- Required action
In the entries below, find each line with the word "front" and return it.

═══ Entries provided

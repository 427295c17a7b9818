-- ===== src/Cfg/Valid.antt =====
-- What the check of the control-flow graph decides (src/middleend/ir_analysis.c).
use baa.Base.{
  ℕ, ◌≡◌, refl, ◌↔◌, ◌⊎◌, inl, inr, true, false, &&-both, Option, none, some, List, [], ◌∷◌, ◌++◌,
  Bool-cases, Option-cases, ap,
}
use mathlib.Core.Option.{some-injective}
use baa.Ir.Inst.{IrOp, IrValueData, IrValue, IrInst, IrBlock, IrFunc, IrModule}
use baa.Cfg.{
  ir_is_terminator_op, ir_block_from_block_value, names_block, last_inst, terminator_operands,
  ends_block, validate_blocks, validate_body, ir_func_validate_cfg, validate_funcs,
  ir_module_validate_cfg,
}

abbrev pub IsTarget : IrValue → Type 0
IsTarget v = (n : ℕ) × (v.payload ≡ IrValueData.block n)

-- A jump to a block, a branch to two, or a return of one value at most.
abbrev pub IsEnd : IrInst → Type 0
IsEnd i =
    ((i.op ≡ IrOp.br)
      × ((v : IrValue) × (rest : List IrValue) × (i.operands ≡ v ∷ rest) × IsTarget v))
    ⊎ ((i.op ≡ IrOp.br_cond)
        × ((c a b : IrValue) × (rest : List IrValue) × (i.operands ≡ c ∷ a ∷ b ∷ rest)
            × IsTarget a
            × IsTarget b))
    ⊎ ((i.op ≡ IrOp.ret) × ((i.operands ≡ []) ⊎ ((v : IrValue) × (i.operands ≡ v ∷ []))))

-- The block has a last instruction, and it ends the block.
abbrev pub IsClosed : List IrInst → Type 0
IsClosed is = (front : List IrInst) × (i : IrInst) × (is ≡ front ++ i ∷ []) × IsEnd i

abbrev pub AllClosed : List IrBlock → Type 0
AllClosed [] = Unit
AllClosed (b ∷ bs) = IsClosed b.insts × AllClosed bs

abbrev pub IsValidFunc : IrFunc → Type 0
IsValidFunc f = (f.is_prototype ≡ true) ⊎ (((e : ℕ) × (f.entry ≡ some e)) × AllClosed f.blocks)

abbrev pub AllValid : List IrFunc → Type 0
AllValid [] = Unit
AllValid (f ∷ fs) = IsValidFunc f × AllValid fs

block_of_lem :
    (p : IrValueData)
    → (elim (ir_block_from_block_value p) [ none ↦ false | some n ↦ true ]) ≡ true
    → (n : ℕ) × (p ≡ IrValueData.block n)
block_of_lem (IrValueData.block n) h = (n, refl)
block_of_lem _ h = cc

names_block-IsTarget : (v : IrValue) → names_block v ≡ true → IsTarget v
names_block-IsTarget v h = block_of_lem v.payload h

IsTarget-names_block : (v : IrValue) → IsTarget v → names_block v ≡ true
IsTarget-names_block v (n, t) = rw t refl

terminator-IsEnd :
    (i : IrInst) (op : IrOp) (vs : List IrValue)
    → i.op ≡ op
    → i.operands ≡ vs
    → terminator_operands op vs ≡ true
    → IsEnd i
unfolding terminator_operands
terminator-IsEnd i IrOp.br [] e o h = cc
terminator-IsEnd i IrOp.br (v ∷ rest) e o h = inl (e, (v, rest, o, names_block-IsTarget v h))
terminator-IsEnd i IrOp.br_cond [] e o h = cc
terminator-IsEnd i IrOp.br_cond (c ∷ []) e o h = cc
terminator-IsEnd i IrOp.br_cond (c ∷ a ∷ []) e o h = cc
terminator-IsEnd i IrOp.br_cond (c ∷ a ∷ b ∷ rest) e o h =
    let (first, second) = &&-both (names_block a) (names_block b) h in
    inr (inl (e, (c, a, b, rest, o, names_block-IsTarget a first, names_block-IsTarget b second)))
terminator-IsEnd i IrOp.ret [] e o h = inr (inr (e, inl o))
terminator-IsEnd i IrOp.ret (v ∷ []) e o h = inr (inr (e, inr (v, o)))
terminator-IsEnd i IrOp.ret (v ∷ w ∷ rest) e o h = cc
terminator-IsEnd i _ vs e o h = cc

IsEnd-ends_block : (i : IrInst) → IsEnd i → ends_block (some i) ≡ true
unfolding ends_block terminator_operands ir_is_terminator_op
IsEnd-ends_block i (inl (e, (v, rest, o, t))) = simp (e, o) (IsTarget-names_block v t)
IsEnd-ends_block i (inr (inl (e, (c, a, b, rest, o, t, u)))) =
    simp (e, o, IsTarget-names_block a t) (IsTarget-names_block b u)
IsEnd-ends_block i (inr (inr (e, inl o))) = simp (e, o)
IsEnd-ends_block i (inr (inr (e, inr (v, o)))) = simp (e, o)

ends_block-IsEnd : (i : IrInst) → ends_block (some i) ≡ true → IsEnd i
unfolding ends_block
ends_block-IsEnd i h = elim (Bool-cases (ir_is_terminator_op i.op)) [
  | inl terminator ↦ terminator-IsEnd i i.op i.operands refl refl (rw terminator at h)
  | inr other ↦ cc (rw other at h)
]

last_inst-split :
    (is : List IrInst) (i : IrInst)
    → last_inst is ≡ some i
    → (front : List IrInst) × (is ≡ front ++ i ∷ [])
last_inst-split [] i h = cc
last_inst-split (j ∷ []) i h = ([], ap (λ (k : IrInst). k ∷ []) (some-injective j i h))
last_inst-split (j ∷ k ∷ rest) i h =
    let (front, e) = last_inst-split (k ∷ rest) i h in (j ∷ front, ap (◌∷◌ j) e)

last_inst-append : (front : List IrInst) (i : IrInst) → last_inst (front ++ i ∷ []) ≡ some i
last_inst-append [] i = refl
last_inst-append (j ∷ []) i = refl
last_inst-append (j ∷ k ∷ front) i = last_inst-append (k ∷ front) i

none_ends : ends_block none ≡ true → ⊥
unfolding ends_block
none_ends h = cc

IsClosed-iff : (is : List IrInst) → (ends_block (last_inst is) ≡ true) ↔ IsClosed is
IsClosed-iff is = (
  (λ h. elim (Option-cases (last_inst is)) [
    | inl nothing ↦ absurd (none_ends (rw nothing at h))
    | inr (i, last) ↦
        let (front, e) = last_inst-split is i last in
        (front, i, e, ends_block-IsEnd i (rw last at h))
  ]),
  (λ (front, i, e, end). rw (e, last_inst-append front i) (IsEnd-ends_block i end)),
)

blocks_iff : (bs : List IrBlock) → (validate_blocks bs ≡ true) ↔ AllClosed bs
unfolding validate_blocks
blocks_iff [] = ((λ h. tt), (λ h. refl))
blocks_iff (b ∷ bs) = elim (Bool-cases (ends_block (last_inst b.insts))) [
  | inl ends ↦ (
    (λ h. ((IsClosed-iff b.insts).0 ends, (blocks_iff bs).0 (rw ends at h))),
    (λ (closed, rest). rw ends ((blocks_iff bs).1 rest)),
  )
  | inr open_end ↦ (
    (λ h. absurd (cc (rw open_end at h))),
    (λ (closed, rest). absurd (cc (open_end, (IsClosed-iff b.insts).1 closed))),
  )
]

body_iff :
    (entry : Option ℕ) (bs : List IrBlock)
    → (validate_body entry bs ≡ true) ↔ (((e : ℕ) × (entry ≡ some e)) × AllClosed bs)
unfolding validate_body
body_iff none bs = ((λ h. absurd (cc h)), (λ ((e, same), closed). absurd (cc same)))
body_iff (some e) bs =
    ((λ h. ((e, refl), (blocks_iff bs).0 h)), (λ (entry, closed). (blocks_iff bs).1 closed))

func_iff : (f : IrFunc) → (ir_func_validate_cfg f ≡ true) ↔ IsValidFunc f
unfolding ir_func_validate_cfg
func_iff f = elim (Bool-cases f.is_prototype) [
  | inl prototype ↦ ((λ h. inl prototype), (λ valid. simp prototype))
  | inr body ↦ (
    (λ h. inr ((body_iff f.entry f.blocks).0 (simp body at h))),
    (λ valid. elim valid [
      | inl prototype ↦ absurd (cc (body, prototype))
      | inr ok ↦ simp body ((body_iff f.entry f.blocks).1 ok)
    ]),
  )
]

funcs_iff : (fs : List IrFunc) → (validate_funcs fs ≡ true) ↔ AllValid fs
unfolding validate_funcs
funcs_iff [] = ((λ h. tt), (λ h. refl))
funcs_iff (f ∷ fs) = elim (Bool-cases (ir_func_validate_cfg f)) [
  | inl fine ↦ (
    (λ h. ((func_iff f).0 fine, (funcs_iff fs).0 (rw fine at h))),
    (λ (valid, rest). rw fine ((funcs_iff fs).1 rest)),
  )
  | inr bad ↦
      ((λ h. absurd (cc (rw bad at h))), (λ (valid, rest). absurd (cc (bad, (func_iff f).1 valid))))
]

-- The check accepts a module just when each function is a prototype, or has an entry and every block
-- of it ends in a jump to a block, a branch to two, or a return of at most one value.
pub validate_cfg_iff : (m : IrModule) → (ir_module_validate_cfg m ≡ true) ↔ AllValid m.funcs
unfolding ir_module_validate_cfg
validate_cfg_iff m = funcs_iff m.funcs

══════

- Response
IsClosed is = (front : List IrInst) × (i : IrInst) × (is ≡ front ++ i ∷ []) × IsEnd i
    → (front : List IrInst) × (is ≡ front ++ i ∷ [])
    let (front, e) = last_inst-split (k ∷ rest) i h in (j ∷ front, ap (◌∷◌ j) e)
last_inst-append : (front : List IrInst) (i : IrInst) → last_inst (front ++ i ∷ []) ≡ some i
last_inst-append (j ∷ k ∷ front) i = last_inst-append (k ∷ front) i
        let (front, e) = last_inst-split is i last in
        (front, i, e, ends_block-IsEnd i (rw last at h))
  (λ (front, i, e, end). rw (e, last_inst-append front i) (IsEnd-ends_block i end)),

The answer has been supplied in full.